Having something to do with me not having a consistent job for several months may also play a pivotal role as well, as a reminder of this issue. The kind of reminder that slides into your bed sheets on open-air nights, the sounds of animals was what lulled you to sleep in the first place. Another possible contributor might be family. As a half-Persian who was raised really, really Persian, those kinds of things are stressed. "How are you going to support a family?" "How are you going to be happy without money?" And, without having to say it: "How will anyone ever love you, marry you if you aren't being a man, successful, powerful, measured?" All right, so on that last one I ended up stretching and injecting my own structuralized vision of how I'm seeing things, but that's how things seem. A couple of those questions have been asked of me recently and I've crumbled. As if a part of me knows that they may be right, if only because it's been helixed into every DNA strand or woven into every story.

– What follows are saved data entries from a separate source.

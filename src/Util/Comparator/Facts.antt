-- ===== src/Util/Comparator/Facts.antt =====
-- What follows from the laws of a comparator alone; the clients use no other fact about it.
use Prim.Native.Nat.{lt, eq, gt}
use level_db.Common.{ℕ, List, ◌≡◌, ◌≢◌, arith}
use level_db.Util.Comparator.{Comparator, IsOrder}

module _ (c : Comparator) (ord : IsOrder c) where
  open c use {compare}

  pub lt_of_lt-le : (a b d : List ℕ) → compare a b ≡ lt → compare b d ≢ gt → compare a d ≡ lt
  lt_of_lt-le a b d p q = ground (
    arith,
    ord.compare_swap a b,
    ord.compare_swap a d,
    ord.compare_swap b d,
    ord.compare-le_trans a b d,
    ord.compare-le_trans b d a,
  )

  pub lt_of_le-lt : (a b d : List ℕ) → compare a b ≢ gt → compare b d ≡ lt → compare a d ≡ lt
  lt_of_le-lt a b d p q = ground (
    arith,
    ord.compare_swap a b,
    ord.compare_swap a d,
    ord.compare_swap b d,
    ord.compare-le_trans a b d,
    ord.compare-le_trans d a b,
  )

  -- Keys that compare equal compare alike with every other key.
  pub compare_congr_left : (a b d : List ℕ) → compare a b ≡ eq → compare a d ≡ compare b d
  compare_congr_left a b d p = ground (
    arith,
    ord.compare_swap a b,
    ord.compare_swap a d,
    ord.compare_swap b d,
    ord.compare-le_trans a b d,
    ord.compare-le_trans b a d,
    ord.compare-le_trans d a b,
    ord.compare-le_trans d b a,
  )

  pub compare_congr_right : (a b d : List ℕ) → compare a b ≡ eq → compare d a ≡ compare d b
  compare_congr_right a b d p =
      ground (arith, compare_congr_left a b d p, ord.compare_swap d a, ord.compare_swap d b)
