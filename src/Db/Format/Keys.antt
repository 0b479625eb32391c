-- ===== src/Db/Format/Keys.antt =====
-- Internal keys as bytes: what is appended is what is parsed.

use level_db.Common.{
  ℕ, ◌+◌, ◌-◌, ◌*◌, ◌%◌, ◌^◌, ◌≤◌, ◌<◌, List, [], ◌++◌, length, some, ◌≡◌, arith, length-append,
  take-append_length, drop-append_length, append-nil,
}
use level_db.Common.Bits.{bit_or-zero, bit_or-one, bit_and-255}
use level_db.Util.Coding.{encode_fixed64}
use level_db.Util.Coding.Fixed.{decode_fixed64-encode_fixed64, length-encode_fixed64}
use level_db.Db.Format.{
  ValueType, deletion, value, type_code, max_sequence_number, ParsedInternalKey,
  internal_key_encoding_length, pack_sequence_and_type, append_internal_key, extract_user_key,
  extract_tag, parse_internal_key,
}

-- `|` is a sum here.
pub pack_lem :
    (seq : ℕ) (t : ValueType)
    → seq ≤ max_sequence_number
    → pack_sequence_and_type seq t ≡ seq * 256 + type_code t
unfolding pack_sequence_and_type
pack_lem seq deletion h = omega (arith, bit_or-zero (seq * 256 % 2 ^ 64))
pack_lem seq value h = omega (arith, bit_or-one (seq * 256 % 2 ^ 64))

-- A string with a tag of eight bytes behind it comes apart.
user_length : (user : List ℕ) (num : ℕ) → length (user ++ encode_fixed64 num) - 8 ≡ length user
user_length user num =
    omega (arith, length-append user (encode_fixed64 num), length-encode_fixed64 num)

pub extract_user_key-tagged :
    (user : List ℕ) (num : ℕ) → extract_user_key (user ++ encode_fixed64 num) ≡ user
unfolding extract_user_key
extract_user_key-tagged user num = rw (user_length user num, take-append_length)

pub extract_tag-tagged :
    (user : List ℕ) (num : ℕ) → num < 2 ^ 64 → extract_tag (user ++ encode_fixed64 num) ≡ num
unfolding extract_tag
extract_tag-tagged user num h =
    rw (user_length user num, drop-append_length)
      (rw (← append-nil (encode_fixed64 num)) (decode_fixed64-encode_fixed64 num [] h))

pub type_code-le : (t : ValueType) → type_code t ≤ 1
type_code-le deletion = omega arith
type_code-le value = omega arith

-- An appended internal key is the user key with its packed tag.
abbrev pub tag_of : ParsedInternalKey → ℕ
tag_of key = key.sequence * 256 + type_code key.type

pub append_internal_key-tagged :
    (result : List ℕ) (key : ParsedInternalKey)
    → key.sequence ≤ max_sequence_number
    → append_internal_key result key ≡ (result ++ key.user_key) ++ encode_fixed64 (tag_of key)
unfolding append_internal_key
append_internal_key-tagged result key h = rw (pack_lem key.sequence key.type h)

pub tag_of-lt : (key : ParsedInternalKey) → key.sequence ≤ max_sequence_number → tag_of key < 2 ^ 64
tag_of-lt key h = omega (arith, type_code-le key.type)

parse_tagged :
    (user : List ℕ) (seq : ℕ) (t : ValueType)
    → seq ≤ max_sequence_number
    → parse_internal_key (user ++ encode_fixed64 (seq * 256 + type_code t))
      ≡ some (record { user_key = user; sequence = seq; type = t })
unfolding parse_internal_key
parse_tagged user seq deletion h =
    rw
      (
        extract_user_key-tagged user (seq * 256 + 0),
        extract_tag-tagged user (seq * 256 + 0) (omega arith),
      )
      (ground (
        arith,
        bit_and-255 (seq * 256 + 0),
        length-append user (encode_fixed64 (seq * 256 + 0)),
        length-encode_fixed64 (seq * 256 + 0),
      ))
parse_tagged user seq value h =
    rw
      (
        extract_user_key-tagged user (seq * 256 + 1),
        extract_tag-tagged user (seq * 256 + 1) (omega arith),
      )
      (ground (
        arith,
        bit_and-255 (seq * 256 + 1),
        length-append user (encode_fixed64 (seq * 256 + 1)),
        length-encode_fixed64 (seq * 256 + 1),
      ))

-- For a sequence number of at most 56 bits, ParseInternalKey reads back the key that
-- AppendInternalKey wrote, and the encoding has the length that InternalKeyEncodingLength gives.
pub parse_internal_key-append :
    (key : ParsedInternalKey)
    → key.sequence ≤ max_sequence_number
    → (parse_internal_key (append_internal_key [] key) ≡ some key)
      × (length (append_internal_key [] key) ≡ internal_key_encoding_length key)
unfolding internal_key_encoding_length
parse_internal_key-append key h = rw (append_internal_key-tagged [] key h) (
  parse_tagged key.user_key key.sequence key.type h,
  omega (
    arith,
    length-append key.user_key (encode_fixed64 (tag_of key)),
    length-encode_fixed64 (tag_of key),
  ),
)
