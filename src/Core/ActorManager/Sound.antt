-- ===== src/Core/ActorManager/Sound.antt =====
-- Lemmas on the messages of a manager and the actors that they are for.
use epyx.Base.{
  length, ℕ, ◌+◌, ◌≤◌, ◌<◌, ◌≡◌, ◌≢◌, refl, sym, ◌∙◌, inl, inr, Bool, true, false, List, [], ◌∷◌,
  Option, none, some, arith, ◌==◌, leb, ==_iff, if◌then◌else◌, Bool-cases, All, All-append,
}
use epyx.Base.Dict
use epyx.Base.Dict.{Dict, nat_order, find-set, find-unset}
use epyx.Core.ActorManager.{
  Worker, resting, holding, chosen, running, Message, ActorManager, add, post, silence,
}

abbrev pub is_live : Option Bool → Bool
is_live (some true) = true
is_live _ = false

-- An id that was given, of an actor that is dead or gone.
abbrev pub IsDead : ActorManager → ℕ → Type 0
IsDead m id = (id < m.actor_count) × (is_live (Dict.find id m.actors) ≡ false)

-- A null message is for such an actor.
abbrev pub IsHarmless : ActorManager → Message → Type 0
IsHarmless m (id, none) = IsDead m id
IsHarmless m (id, some f) = Unit

abbrev pub is_null : Message → Bool
is_null (id, none) = true
is_null (id, some f) = false

abbrev pub IsCall : Message → Type 0
IsCall msg = is_null msg ≡ false

-- The calls of one actor.
abbrev pub calls_to : ℕ → List Message → List Message
calls_to id [] = []
calls_to id (c ∷ cs) = if id == c.0 then c ∷ calls_to id cs else calls_to id cs

-- What a worker has: a message that is harmless, or one that is no null message.
abbrev pub IsHeld : ActorManager → Worker → Type 0
IsHeld m resting = Unit
IsHeld m (holding msg) = IsHarmless m msg
IsHeld m (chosen msg) = IsCall msg
IsHeld m (running msg) = Unit

-- The actor whose mutex the worker has.
abbrev pub locks : Worker → Option ℕ
locks (chosen msg) = some msg.0
locks (running msg) = some msg.0
locks _ = none

pub record IsSound (m : ActorManager) : Type 0 where
  pub unused : (id : ℕ) → m.actor_count ≤ id → Dict.find id m.actors ≡ none
  pub queued : All (IsHarmless m) m.messages
  pub held : (w : ℕ) → IsHeld m (m.workers w)
  pub calls : All IsCall m.called
  pub locked : (w id : ℕ) → locks (m.workers w) ≡ some id → m.owner id ≡ some w

-- No dead actor comes to life.
abbrev pub Later : ActorManager → ActorManager → Type 0
Later m m' = (id : ℕ) → IsDead m id → IsDead m' id

abbrev pub is_chosen_for : ℕ → Worker → Bool
is_chosen_for id (chosen msg) = msg.0 == id
is_chosen_for id _ = false

abbrev pub passed : ℕ → (ℕ → Worker) → Option ℕ → ℕ
passed id workers none = 0
passed id workers (some w) = if is_chosen_for id (workers w) then 1 else 0

-- 1 if the worker that holds the mutex of the actor has tested it and not begun to call it, else 0.
abbrev pub about_to_call : ℕ → ActorManager → ℕ
about_to_call id m = passed id m.workers (m.owner id)

abbrev pub calls_of : ℕ → ActorManager → ℕ
calls_of id m = length (calls_to id m.called)

-- Nor does a worker begin to call it that had not chosen it.
abbrev pub Goes : ActorManager → ActorManager → Type 0
Goes m m' =
    IsSound m'
    × Later m m'
    × ((id : ℕ)
        → IsDead m id
        → calls_of id m' + about_to_call id m' ≤ calls_of id m + about_to_call id m)

pub Later-IsHarmless :
    (m m' : ActorManager) (msg : Message) → Later m m' → IsHarmless m msg → IsHarmless m' msg
Later-IsHarmless m m' (id, none) l h = l id h
Later-IsHarmless m m' (id, some f) l h = tt

pub Later-All :
    (m m' : ActorManager) (msgs : List Message)
    → Later m m'
    → All (IsHarmless m) msgs
    → All (IsHarmless m') msgs
Later-All m m' [] l h = tt
Later-All m m' (msg ∷ msgs) l h = (Later-IsHarmless m m' msg l h.0, Later-All m m' msgs l h.1)

pub Later-IsHeld : (m m' : ActorManager) (o : Worker) → Later m m' → IsHeld m o → IsHeld m' o
Later-IsHeld m m' resting l h = tt
Later-IsHeld m m' (holding msg) l h = Later-IsHarmless m m' msg l h
Later-IsHeld m m' (chosen msg) l h = h
Later-IsHeld m m' (running msg) l h = tt

-- What is not in the map is dead once its id was given.
pub IsDead-set :
    (k : ℕ) (v : Bool) (n : ℕ) (id : ℕ) (d : Dict ℕ Bool)
    → id < n
    → is_live (Dict.find id d) ≡ false
    → (v ≡ true → id ≢ k)
    → (id < n) × (is_live (Dict.find id (Dict.set k v d)) ≡ false)
IsDead-set k true n id d l h ne =
    let other : (k == id) ≡ false = ground (arith, ne refl) in
    (l, rw (find-set k id true d, other) h)
IsDead-set k false n id d l h ne = elim (Bool-cases (k == id)) [
  | inl same ↦ (l, rw (find-set k id false d, same))
  | inr other ↦ (l, rw (find-set k id false d, other) h)
]

pub IsDead-unset :
    (k n id : ℕ) (d : Dict ℕ Bool)
    → id < n
    → is_live (Dict.find id d) ≡ false
    → (id < n) × (is_live (Dict.find id (Dict.unset k d)) ≡ false)
IsDead-unset k n id d l h = elim (Bool-cases (k == id)) [
  | inl same ↦ (l, rw (find-unset k id d, same))
  | inr other ↦ (l, rw (find-unset k id d, other) h)
]

pub add-Goes : (m : ActorManager) → IsSound m → Goes m (add m)
unfolding add
add-Goes m s = (
  record {
    unused = λ id l.
        find-set m.actor_count id true m.actors
        ∙ (let e : (m.actor_count == id) ≡ false = ground arith in
            rw e (s.unused id (omega arith)));
    queued = Later-All m (add m) m.messages later s.queued;
    held = λ w. Later-IsHeld m (add m) (m.workers w) later (s.held w);
    calls = s.calls;
    locked = s.locked;
  },
  later,
  λ id d. omega arith,
)
  where
    later : Later m (add m)
    later id (l, h) =
        IsDead-set m.actor_count true (m.actor_count + 1) id m.actors (omega arith) h
          (λ e same. absurd (omega arith))

pub post-Goes : (id f : ℕ) (m : ActorManager) → IsSound m → Goes m (post id (some f) m)
post-Goes id f m s = (
  record {
    unused = s.unused;
    queued = All-append (IsHarmless m) m.messages ((id, some f) ∷ []) s.queued (tt, tt);
    held = s.held;
    calls = s.calls;
    locked = s.locked;
  },
  λ i d. d,
  λ i d. omega arith,
)

pub silence-Goes :
    (id : ℕ) (alive : Bool) (m : ActorManager)
    → IsSound m
    → Dict.find id m.actors ≡ some alive
    → Goes m (silence id m) × IsDead (silence id m) id
unfolding silence
silence-Goes id alive m s e = (
  (
    record {
      unused = λ i l.
          find-set id i false m.actors
          ∙ (let other : (id == i) ≡ false = ground (arith, known) in rw other (s.unused i l));
      queued =
          All-append (IsHarmless (silence id m)) m.messages ((id, none) ∷ [])
            (Later-All m (silence id m) m.messages later s.queued) (dead, tt);
      held = λ w. Later-IsHeld m (silence id m) (m.workers w) later (s.held w);
      calls = s.calls;
      locked = s.locked;
    },
    later,
    λ i d. omega arith,
  ),
  dead,
)
  where
    known : id < m.actor_count
    known = elim (Bool-cases (leb m.actor_count id)) [
      | inl over ↦
          let no : some alive ≡ none = sym e ∙ s.unused id (ground (arith, over)) in absurd (cc no)
      | inr under ↦ ground (arith, under)
    ]

    later : Later m (silence id m)
    later i (l, h) = IsDead-set id false m.actor_count i m.actors l h (λ t. absurd (cc t))

    self : (id == id) ≡ true
    self = (==_iff id id).1 refl

    dead : IsDead (silence id m) id
    dead = (known, rw (find-set id id false m.actors, self))
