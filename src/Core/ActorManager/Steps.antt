-- ===== src/Core/ActorManager/Steps.antt =====
-- Lemmas on a worker that takes a message and looks for its actor.
use epyx.Base.{
  ℕ, ◌≤◌, ◌≡◌, refl, sym, ap, ◌∙◌, inl, inr, Bool, true, false, List, [], ◌∷◌, Option, none, some,
  arith, ◌==◌, ==_iff, Bool-cases, All,
}
use epyx.Base.Dict
use epyx.Base.Dict.{Dict, nat_order, find-unset}
use epyx.Core.ActorManager.{
  Worker, resting, holding, chosen, running, Message, ActorManager, assign, treat, take_message,
  work_on,
}
use epyx.Core.ActorManager.Sound.{
  is_live, IsHarmless, IsHeld, IsCall, IsSound, Later, Goes, Later-All, Later-IsHeld, IsDead-unset,
  locks, is_chosen_for, passed,
}

pub same-Goes : (m : ActorManager) → IsSound m → Goes m m
same-Goes m s = (s, (λ i d. d), λ i d. omega arith)

abbrev pub MayGo : ActorManager → Option ActorManager → Type 0
MayGo m none = Unit
MayGo m (some m') = Goes m m'

pub assign-IsHeld :
    (m : ActorManager) (w : ℕ) (o : Worker)
    → IsHeld m o
    → ((v : ℕ) → IsHeld m (m.workers v))
    → (v : ℕ) → IsHeld m (assign w o m.workers v)
assign-IsHeld m w o h hs v = elim (Bool-cases (w == v)) [
  | inl same ↦ rw same h
  | inr other ↦ rw other (hs v)
]

pub assign-locked :
    (m : ActorManager) (w : ℕ) (o : Worker)
    → locks o ≡ none
    → ((v id : ℕ) → locks (m.workers v) ≡ some id → m.owner id ≡ some v)
    → (v id : ℕ) → locks (assign w o m.workers v) ≡ some id
    → m.owner id ≡ some v
assign-locked m w o h hs v id e = elim (Bool-cases (w == v)) [
  | inl same ↦ let e' : locks o ≡ some id = rw same at e in absurd (cc (sym h ∙ e'))
  | inr other ↦ hs v id (rw other at e)
]

not_chosen : (id : ℕ) (o : Worker) → locks o ≡ none → is_chosen_for id o ≡ false
not_chosen id resting e = refl
not_chosen id (holding msg) e = refl
not_chosen id (chosen msg) e = absurd (cc e)
not_chosen id (running msg) e = refl

-- A worker that turns to what is no choice of the actor is not about to call it.
pub passed-drop :
    (id w : ℕ) (o : Worker) (workers : ℕ → Worker) (own : Option ℕ)
    → is_chosen_for id o ≡ false
    → passed id (assign w o workers) own ≤ passed id workers own
passed-drop id w o workers none e = omega arith
passed-drop id w o workers (some v) e = elim (Bool-cases (w == v)) [
  | inl same ↦ rw (same, e) (omega arith)
  | inr other ↦ rw other (omega arith)
]

pub take-Goes :
    (w : ℕ) (o : Worker) (msgs : List Message) (m : ActorManager)
    → m.messages ≡ msgs
    → IsSound m
    → MayGo m (take_message w o msgs m)
unfolding take_message
take-Goes w (holding msg) msgs m e s = tt
take-Goes w (chosen msg) msgs m e s = tt
take-Goes w (running msg) msgs m e s = tt
take-Goes w resting [] m e s = tt
take-Goes w resting (msg ∷ rest) m e s =
    let q : All (IsHarmless m) (msg ∷ rest) = rw e at (s.queued) in
    (
      record {
        unused = s.unused;
        queued = q.1;
        held = assign-IsHeld m w (holding msg) q.0 s.held;
        calls = s.calls;
        locked = assign-locked m w (holding msg) refl s.locked;
      },
      (λ i d. d),
      λ i d. let l = passed-drop i w (holding msg) m.workers (m.owner i) refl in omega (arith, l),
    )

-- The function of a message for an actor that lives is not null.
live-IsCall :
    (m : ActorManager) (msg : Message)
    → IsHarmless m msg
    → Dict.find msg.0 m.actors ≡ some true
    → IsCall msg
live-IsCall m (id, some f) h e = refl
live-IsCall m (id, none) h e = let no : true ≡ false = sym (ap is_live e) ∙ h.1 in absurd (cc no)

chosen-locked :
    (m : ActorManager) (w : ℕ) (msg : Message)
    → m.owner msg.0 ≡ none
    → ((v id : ℕ) → locks (m.workers v) ≡ some id → m.owner id ≡ some v)
    → (v id : ℕ) → locks (assign w (chosen msg) m.workers v) ≡ some id
    → assign msg.0 (some w) m.owner id ≡ some v
chosen-locked m w msg free hs v id e = elim (Bool-cases (w == v)) [
  | inl same ↦
      let mine : some msg.0 ≡ some id = rw same at e in
      let q : msg.0 ≡ id = cc mine in
      let hit : (msg.0 == id) ≡ true = (==_iff msg.0 id).1 q in
      rw hit (ap some ((==_iff w v).0 same))
  | inr other ↦
      let old = hs v id (rw other at e) in
      elim (Bool-cases (msg.0 == id)) [
        | inl hit ↦ let no = sym free ∙ ap m.owner ((==_iff msg.0 id).0 hit) ∙ old in absurd (cc no)
        | inr miss ↦ rw (miss, old)
      ]
]

treat-Goes :
    (w : ℕ) (msg : Message) (o : Option Bool) (own : Option ℕ) (m : ActorManager)
    → Dict.find msg.0 m.actors ≡ o
    → m.owner msg.0 ≡ own
    → IsHarmless m msg
    → IsSound m
    → MayGo m (treat w msg o own m)
unfolding treat
treat-Goes w (id, f) none own m e free h s = (
  record {
    unused = s.unused;
    queued = s.queued;
    held = assign-IsHeld m w resting tt s.held;
    calls = s.calls;
    locked = assign-locked m w resting refl s.locked;
  },
  (λ i d. d),
  λ i d. let l = passed-drop i w resting m.workers (m.owner i) refl in omega (arith, l),
)
treat-Goes w (id, f) (some alive) (some v) m e free h s = ground arith
treat-Goes w (id, f) (some true) none m e free h s = (
  record {
    unused = s.unused;
    queued = s.queued;
    held = assign-IsHeld m w (chosen (id, f)) (live-IsCall m (id, f) h e) s.held;
    calls = s.calls;
    locked = chosen-locked m w (id, f) free s.locked;
  },
  (λ i d. d),
  λ i d.
      let other : (id == i) ≡ false = elim (Bool-cases (id == i)) [
        | inl same ↦
            let no : true ≡ false =
              sym (ap is_live e)
              ∙ ap (λ k. is_live (Dict.find k m.actors)) ((==_iff id i).0 same)
              ∙ d.1 in
            absurd (cc no)
        | inr miss ↦ miss
      ] in
      let l = passed-drop i w (chosen (id, f)) m.workers (m.owner i) other in
      rw other (omega (arith, l)),
)
treat-Goes w (id, f) (some false) none m e free h s = (
  record {
    unused = λ i l.
        find-unset id i m.actors
        ∙ elim (Bool-cases (id == i)) [ inl same ↦ rw same | inr other ↦ rw other (s.unused i l) ];
    queued = Later-All m left m.messages later s.queued;
    held = λ v.
        Later-IsHeld m left (assign w resting m.workers v) later
          (assign-IsHeld m w resting tt s.held v);
    calls = s.calls;
    locked = assign-locked m w resting refl s.locked;
  },
  later,
  λ i d. let l = passed-drop i w resting m.workers (m.owner i) refl in omega (arith, l),
)
  where
    left : ActorManager
    left = record m { workers = assign w resting m.workers; actors = Dict.unset id m.actors }

    later : Later m left
    later i (l, g) = IsDead-unset id m.actor_count i m.actors l g

pub work-Goes :
    (w : ℕ) (o : Worker) (m : ActorManager) → m.workers w ≡ o → IsSound m → MayGo m (work_on w o m)
unfolding work_on
work-Goes w resting m e s = tt
work-Goes w (chosen msg) m e s = tt
work-Goes w (running msg) m e s = tt
work-Goes w (holding msg) m e s =
    let h : IsHeld m (holding msg) = rw e at (s.held w) in
    treat-Goes w msg (Dict.find msg.0 m.actors) (m.owner msg.0) m refl refl h s
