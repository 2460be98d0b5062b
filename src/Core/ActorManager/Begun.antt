-- ===== src/Core/ActorManager/Begun.antt =====
-- Lemmas on the begin and the end of a call of an actor.
use epyx.Base.{
  ℕ, ◌+◌, ◌≤◌, ◌≡◌, refl, sym, ap, subst, ◌∙◌, inl, inr, true, List, [], ◌∷◌, ◌++◌, none, some,
  arith, ◌==◌, ==_iff, if◌then◌else◌, length, Bool-cases, All-append,
}
use epyx.Base.Dict.{nat_order}
use epyx.Core.ActorManager.{
  Worker, resting, holding, chosen, running, Message, ActorManager, assign, begin_call, end_call,
}
use epyx.Core.ActorManager.Sound.{IsHeld, IsCall, calls_to, IsSound, locks, about_to_call, calls_of}
use epyx.Core.ActorManager.Steps.{MayGo, assign-IsHeld, passed-drop}

calls_to-append :
    (id : ℕ) (cs : List Message) (c : Message)
    → length (calls_to id (cs ++ c ∷ [])) ≡ length (calls_to id cs) + (if id == c.0 then 1 else 0)
calls_to-append id [] c = elim (Bool-cases (id == c.0)) [ inl t ↦ rw t refl | inr f ↦ rw f refl ]
calls_to-append id (b ∷ cs) c =
    let e = calls_to-append id cs c in
    elim (Bool-cases (id == b.0)) [ inl t ↦ rw t (omega (arith, e)) | inr f ↦ rw f e ]

pub call-Goes :
    (w : ℕ) (o : Worker) (m : ActorManager)
    → m.workers w ≡ o
    → IsSound m
    → MayGo m (begin_call w o m)
unfolding begin_call
call-Goes w resting m e s = tt
call-Goes w (holding msg) m e s = tt
call-Goes w (running msg) m e s = tt
call-Goes w (chosen msg) m e s =
    let h : IsHeld m (chosen msg) = rw e at (s.held w) in
    let mine : m.owner msg.0 ≡ some w = s.locked w msg.0 (ap locks e) in
    (
      record {
        unused = s.unused;
        queued = s.queued;
        held = assign-IsHeld m w (running msg) tt s.held;
        calls = All-append IsCall m.called (msg ∷ []) s.calls (h, tt);
        locked = λ v id q. elim (Bool-cases (w == v)) [
          | inl same ↦
              let k : some msg.0 ≡ some id = rw same at q in
              let kept = mine ∙ ap some ((==_iff w v).0 same) in
              subst (λ x. m.owner x ≡ some v) (cc k) kept
          | inr other ↦ s.locked v id (rw other at q)
        ];
      },
      (λ i d. d),
      λ i d. begun i mine,
    )
  where
    after : ActorManager
    after = record m { workers = assign w (running msg) m.workers; called = m.called ++ msg ∷ [] }

    begun :
        (i : ℕ)
        → m.owner msg.0 ≡ some w
        → calls_of i after + about_to_call i after ≤ calls_of i m + about_to_call i m
    begun i mine =
        let n = calls_to-append i m.called msg in
        elim (Bool-cases (i == msg.0)) [
          | inr other ↦
              let l = passed-drop i w (running msg) m.workers (m.owner i) refl in
              let n' : calls_of i after ≡ calls_of i m + 0 = rw other at n in omega (arith, n', l)
          | inl hit ↦
              let q : i ≡ msg.0 = (==_iff i msg.0).0 hit in
              let there : m.owner i ≡ some w = ap m.owner q ∙ mine in
              let self : (w == w) ≡ true = (==_iff w w).1 refl in
              let back : (msg.0 == i) ≡ true = (==_iff msg.0 i).1 (sym q) in
              let n' : calls_of i after ≡ calls_of i m + 1 = rw hit at n in
              let now : about_to_call i after ≡ 0 = rw (there, self) refl in
              let before : about_to_call i m ≡ 1 = rw (there, e, back) refl in
              omega (arith, n', now, before)
        ]

pub finish-Goes :
    (w : ℕ) (o : Worker) (m : ActorManager) → m.workers w ≡ o → IsSound m → MayGo m (end_call w o m)
unfolding end_call
finish-Goes w resting m e s = tt
finish-Goes w (holding msg) m e s = tt
finish-Goes w (chosen msg) m e s = tt
finish-Goes w (running msg) m e s =
    let mine : m.owner msg.0 ≡ some w = s.locked w msg.0 (ap locks e) in
    (
      record {
        unused = s.unused;
        queued = s.queued;
        held = assign-IsHeld m w resting tt s.held;
        calls = s.calls;
        locked = λ v id q. elim (Bool-cases (w == v)) [
          | inl same ↦ let no : none ≡ some id = rw same at q in absurd (cc no)
          | inr other ↦
              let old = s.locked v id (rw other at q) in
              elim (Bool-cases (msg.0 == id)) [
                | inl hit ↦
                    let two : some w ≡ some v =
                      sym mine ∙ ap m.owner ((==_iff msg.0 id).0 hit) ∙ old in
                    let same : (w == v) ≡ true = (==_iff w v).1 (cc two) in
                    absurd (cc (sym same ∙ other))
                | inr miss ↦ rw (miss, old)
              ]
        ];
      },
      (λ i d. d),
      λ i d.
          let l = passed-drop i w resting m.workers (m.owner i) refl in
          elim (Bool-cases (msg.0 == i)) [
            | inl hit ↦ rw hit (omega arith)
            | inr miss ↦ rw miss (omega (arith, l))
          ],
    )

The painful part is the struggle involved right there. The Writings tell us that a detachment from material things is paramount to living a spiritual life; which is the ultimate goal. But the television and friends and the crux of our society hammers into us the "facts" that everyone wishes they were wealthy drove a BMW or Mercedes, slept with millions of "beautiful women", lived in a mansion on the California coast with stuff nearly falling out the doors. I've never wanted any of that. When I ask myself honestly if those things would make me happy, I keep coming back to a picture of a me popping my head out the front door of a bungalow or condo, inviting whomever I meet in for prayers, and mowing my lawn for myself.

I've always been a simple thinker in certain ways, and the most important of those ways has been living. I want that detached life. It's what my inner reality is built upon, the vision that if I want to live and be as Abdu’l-Bahá did, I need to strip my life down. Would I be happy in a giant house? No. I wouldn't. I saw people who lived that life in Texas and all too many of them didn't seem happy in the least bit. Some did and those people are wonderful and I love them, but those people are not me. I want to fill my soul with joyful, artistic, creative things and my home with my family. A HD-TV would make the outside world clearer, sure, but when did we start thinking that the outside world is right for everyone? It may be for some, but not for me.

Happiness, productivity, and the things I hope define me will be my deeds, the love I give out freely, and my unceasing devotion to Bahá’u’lláh message of unity and love. So, maybe with a few more of these types of entries I can unhinge that former clenched jaw of what makes others happy and reattach another that better reflects what exists in my heart. Him.